Meanwhile Çeviri İspanyolca
17 parallel translation
Meanwhile, John Markoff had agreed to talk to us.
Mientras tanto, John Markoff había accedido a hablar con nosotros.
"Bu arada", biraz önce diyordum ki...
- Meanwhile... Como estaba diciendo- -
"Bu arada", hemen bakma, ama tam arkamda...

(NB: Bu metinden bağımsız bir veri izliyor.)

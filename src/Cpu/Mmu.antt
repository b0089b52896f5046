-- ===== src/Cpu/Mmu.antt =====
-- Address translation: include/cpu/mmu.h and src/cpu/mmu.cc.
pub mod Entry
pub mod Sv39
pub mod Access
pub mod Keeps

"Meanwhile" - -, no mires ahora, pero justo detrás de mi- -
O mutlak bir "bu arada", ama ruhu yok.
Es un "meanwhile" total, y no tiene alma.
"Bu arada"...
- "Meanwhile" - -
Dennis'in bu kadar "bu arada" tanıdığını unutmuştum.
Había olvidado que Dennis conocía tantos "Meanwhile". Lo se.
Görüyorsunuz ya, Eş Kent'te yaşayabilmek için din şart.
Tienes que tener religión para vivir en Meanwhile City.
Tabii kentin de tek inançsızıydım.
Soy el único no creyente en Meanwhile City.
Eş Kent'e tanıdık yüzler gelmeye başladı.
Han aparecido caras conocidas en Meanwhile City.
Şahsiyet, Eş Kent'e geliyor.
El Individuo regresará a Meanwhile City.
Sıradaki durağımız Eş Kent Hastanesi.
Próxima parada, Hospital de Meanwhile City.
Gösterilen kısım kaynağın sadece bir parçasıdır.